The global anaerobic metabolism regulator fnr is necessary for the degradation of food dyes and drugs by Escherichia coli

The microbiome is an underappreciated contributor to intestinal drug metabolism with broad implications for drug efficacy and toxicity. While considerable progress has been made towards identifying the gut bacterial genes and enzymes involved, the role of environmental factors in shaping their activity remains poorly understood. Here, we focus on the gut bacterial reduction of azo bonds (R-N=N-R’), found in diverse chemicals in both food and drugs. Surprisingly, the canonical azoR gene in Escherichia coli was dispensable for azo bond reduction. Instead, azo reductase activity was controlled by the fumarate and nitrate reduction (fnr) regulator, consistent with a requirement for the anoxic conditions found within the gastrointestinal tract. Paired transcriptomic and proteomic analysis of the fnr regulon revealed that in addition to altering the expression of multiple reductases, FNR is necessary for the metabolism of L-Cysteine to hydrogen sulfide, enabling the degradation of azo bonds.
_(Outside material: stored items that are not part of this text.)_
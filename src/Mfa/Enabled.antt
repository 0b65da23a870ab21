-- ===== src/Mfa/Enabled.antt =====
-- services/mfa.service.ts: `verifyAndEnable` demands a pending setup and a code that fits it.
use nest_auth.Prelude.{
  ◌≡◌, refl, ◌∙◌, ap, sym, subst, true, false, Option, none, some, Text, ok, arith, text_eq,
  text_eq_refl,
}
use nest_auth.Prelude.Action.{through, reply_inv, throw_if_inv, or_throw_inv}
use nest_auth.Keys.{Plane, dashboard, platform, Slot, live, key, token_epoch_key, user_subject}
use nest_auth.AuthRedis.Counters.{get-bump_user_token_epoch}
use nest_auth.AuthRedis.Sessions.{invalidate_user_sessions}
use nest_auth.AuthRedis.Sessions.Everywhere.{invalidate-sweep}
use nest_auth.AuthRedis.Sweeps.Apart.{get-sweep_apart}
use nest_auth.AuthRedis.Tickets.{getdel}
use nest_auth.Totp.{verify_totp}
use nest_auth.Users.{Account, with_mfa}
use nest_auth.Mfa.{
  Server, State, Decrypted, assert_plane_tenant, fetch_user_for_context, decrypt_with_rotation,
}
use nest_auth.Mfa.Codes.{scoped_replay_key, legacy_replay_key}
use nest_auth.Mfa.Replay.{unmarked, verify_totp_with_anti_replay-reply}
use nest_auth.Mfa.Locking.{transition_mfa_record-exclusive}
use nest_auth.Mfa.Removal.{revoked}
use nest_auth.Mfa.Rewritten.{transition_mfa_record-writes, transition_mfa_record-ok}
use nest_auth.Mfa.Gated.{accepted_code, was_enabled}
use nest_auth.Mfa.SetupData.{MfaSetupData, parse_setup_data}
use nest_auth.Mfa.Enabling.{
  Enablement, enabling_write, setup_key, pending, enable_factor, verify_and_enable,
}

module _ (server : Server) where
  open server use {env, clock, to_upper_case, hmac_sha1, totp_window}
  open server.env use {redis, hmac, hmac_key}
  open server.env.redis use {Store, get}

  pending_inv :
      (key : Text) (s : Store) (raw : Text) → pending server key s ≡ ok raw → get s key ≡ some raw
  pending_inv key s raw h = ground arith

  pub users-enable_factor :
      (r : Enablement) (setup : MfaSetupData) (w w' : State server) (user : Account)
      → fetch_user_for_context server r.context r.user_id r.tenant_id w.users ≡ ok user
      → enable_factor server r setup w ≡ (ok tt, w')
      → fetch_user_for_context server r.context r.user_id r.tenant_id w'.users
        ≡ ok (with_mfa (enabling_write setup) user)
  unfolding enable_factor
  users-enable_factor r setup w w' user fetched h = through h λ b v e k.
      let free =
        transition_mfa_record-ok server r.context r.user_id r.tenant_id _ r.lock_token w user
          fetched b v e in
      let done =
        transition_mfa_record-writes server r.context r.user_id r.tenant_id _ r.lock_token w user
          fetched (enabling_write setup) free.0 refl in
      rw (reply_inv (ok tt) _ k).1 (
        subst
          (λ p.
            fetch_user_for_context server r.context r.user_id r.tenant_id p.1.users
            ≡ ok (with_mfa (enabling_write setup) user))
          e done.1)

  setup_key-apart :
      (context plane : Plane) (user_id : Text) (tenant_id : Option Text) (a : Slot) (x : Text)
      → text_eq (key plane a x) (setup_key server context user_id tenant_id) ≡ false
  unfolding key setup_key
  setup_key-apart context dashboard user_id tenant_id live x = refl
  setup_key-apart context platform user_id tenant_id live x = refl
  setup_key-apart context _ user_id tenant_id _ x = refl

  epoch_key-setup_key :
      (context plane : Plane) (user_id : Text) (tenant_id : Option Text)
      → text_eq
          (token_epoch_key hmac plane user_id hmac_key tenant_id)
          (setup_key server context user_id tenant_id)
        ≡ false
  unfolding token_epoch_key setup_key
  epoch_key-setup_key context dashboard user_id tenant_id = refl
  epoch_key-setup_key context platform user_id tenant_id = refl

  -- What ends the sessions leaves the pending setup.
  get-revoked :
      (context : Plane) (user_id : Text) (tenant_id : Option Text) (s : Store)
      → get
          (revoked server context user_id tenant_id s)
          (setup_key server context user_id tenant_id)
        ≡ get s (setup_key server context user_id tenant_id)
  get-revoked context user_id tenant_id s =
      let j = setup_key server context user_id tenant_id in
      get-bump_user_token_epoch env user_id tenant_id context
        (invalidate_user_sessions env user_id tenant_id context s) j
        (epoch_key-setup_key context context user_id tenant_id)
      ∙ rw (invalidate-sweep env context user_id tenant_id s) (
          get-sweep_apart redis context (hmac (user_subject context user_id tenant_id) hmac_key) j
            (setup_key-apart context context user_id tenant_id) s)

  pub get-enable_factor :
      (r : Enablement) (setup : MfaSetupData) (w w' : State server)
      → enable_factor server r setup w ≡ (ok tt, w')
      → get w'.store (setup_key server r.context r.user_id r.tenant_id)
        ≡ get w.store (setup_key server r.context r.user_id r.tenant_id)
  unfolding enable_factor
  get-enable_factor r setup w w' h = through h λ b v e k.
      let j = setup_key server r.context r.user_id r.tenant_id in
      let run =
        transition_mfa_record-exclusive server r.context r.user_id r.tenant_id
          (λ current. ok (some (enabling_write setup))) r.lock_token w in
      rw (reply_inv (ok tt) _ k).1 (
        get-revoked r.context r.user_id r.tenant_id v.store
        ∙ subst (λ p. get p.1.store j ≡ get w.store j) e (run.0 j))

  pub get-getdel : (j : Text) (s : Store) → get (getdel env j s).1 j ≡ none
  unfolding getdel
  get-getdel j s = ground (arith, redis.get-del s j j, text_eq_refl j)

  -- Where verifyAndEnable goes through, the tenant fits the plane, the account was found, not
  -- blocked and had no second factor, a setup was pending and well formed, the code fits its
  -- secret and neither of its marks stood, and the account is then read back with a second
  -- factor, with the secret and the digests of the recovery codes that the setup holds; the setup
  -- is gone.
  pub verify_and_enable-requires :
      (r : Enablement) (w w' : State server)
      → verify_and_enable server r w ≡ (ok tt, w')
      → (user : Account) × (raw : Text) × (setup : MfaSetupData) × (d : Decrypted)
        × (assert_plane_tenant server r.context r.tenant_id ≡ ok tt)
        × (fetch_user_for_context server r.context r.user_id r.tenant_id w.users ≡ ok user)
        × (user.safe.mfa_enabled ≡ false)
        × (get w.store (setup_key server r.context r.user_id r.tenant_id) ≡ some raw)
        × (parse_setup_data env raw ≡ some setup)
        × (decrypt_with_rotation server setup.encrypted_secret ≡ some d)
        × (verify_totp to_upper_case hmac_sha1 clock.now d.secret r.code totp_window ≡ some true)
        × (unmarked redis
              (scoped_replay_key server r.context r.user_id r.tenant_id r.code)
              (legacy_replay_key server r.context r.user_id r.code)
              w.store
            ≡ true)
        × (fetch_user_for_context server r.context r.user_id r.tenant_id w'.users
            ≡ ok (with_mfa (enabling_write setup) user))
        × (get w'.store (setup_key server r.context r.user_id r.tenant_id) ≡ none)
  unfolding verify_and_enable
  verify_and_enable-requires r w w' h = through h λ fits w1 e1 h1. through h1 λ given w2 e2 h2.
      through h2 λ user w3 e3 h3. through h3 λ off w4 e4 h4. through h4 λ raw w5 e5 h5.
        through h5 λ setup w6 e6 h6. through h6 λ d w7 e7 h7. through h7 λ valid w8 e8 h8.
          through h8 λ right w9 e9 h9. through h9 λ consumed v0 g0 k0. through k0 λ stood v1 g1 k1.
            let i1 = reply_inv _ _ e1 in
            let i2 = throw_if_inv _ _ _ e2 in
            let i3 = reply_inv _ _ e3 in
            let i4 = throw_if_inv _ _ _ e4 in
            let i5 = reply_inv _ _ e5 in
            let i6 = or_throw_inv _ _ _ e6 in
            let i7 = or_throw_inv _ _ _ e7 in
            let i8 = reply_inv _ _ e8 in
            let i9 = throw_if_inv _ _ _ e9 in
            let j0 = reply_inv _ _ g0 in
            let j1 = throw_if_inv _ _ _ g1 in
            let before : w2 ≡ w = i2.1 ∙ i1.1 in
            let read : w4 ≡ w = i4.1 ∙ i3.1 ∙ before in
            let start : w7 ≡ w = i7.1 ∙ i6.1 ∙ i5.1 ∙ read in
            let accepted = accepted_code _ _ (
              sym (
                verify_totp_with_anti_replay-reply server r.context r.user_id d.secret r.code
                  r.tenant_id w7.store)
              ∙ i8.0
              ∙ ap ok (was_enabled valid i9.0)) in
            let users : v1.users ≡ w.users =
              ap (λ v. v.users) j1.1
              ∙ ap (λ v. v.users) j0.1
              ∙ ap (λ v. v.users) i9.1
              ∙ ap (λ v. v.users) i8.1
              ∙ ap (λ v. v.users) start in
            let fetched : fetch_user_for_context server r.context r.user_id r.tenant_id w.users
                ≡ ok user =
              rw before at i3.0 in
            (
              user,
              raw,
              setup,
              d,
              i1.0,
              fetched,
              i4.0,
              pending_inv _ _ raw (rw read at i5.0),
              i6.0,
              i7.0,
              accepted.0,
              rw start at accepted.1,
              users-enable_factor r setup v1 w' user (rw users fetched) k1,
              get-enable_factor r setup v1 w' k1
                  ∙ ap (λ v. get v.store (setup_key server r.context r.user_id r.tenant_id))
                      (j1.1 ∙ j0.1)
                  ∙ get-getdel (setup_key server r.context r.user_id r.tenant_id) w9.store,
            )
Furthermore, we found that FNR indirectly regulates this process though the small non-coding regulatory RNA fnrS. Taken together, these results show how gut bacteria sense and respond to their intestinal environment to enable the metabolism of chemical groups found in both dietary and pharmaceutical compounds. We sought to investigate the transcriptomic response of E. coli to the presence of FD&C Red No. 40. We grew wt and Δfnr E. coli BW25113 in LB media with 0.05% L-Cysteine and inoculated the cultures with 250 µM FD&C Red No. 40 or DMSO vehicle at either mid-exponential or stationary growth phases . After a 40 minute incubation period, samples were collected and split for paired transcriptomics (RNA-seq) and proteomics.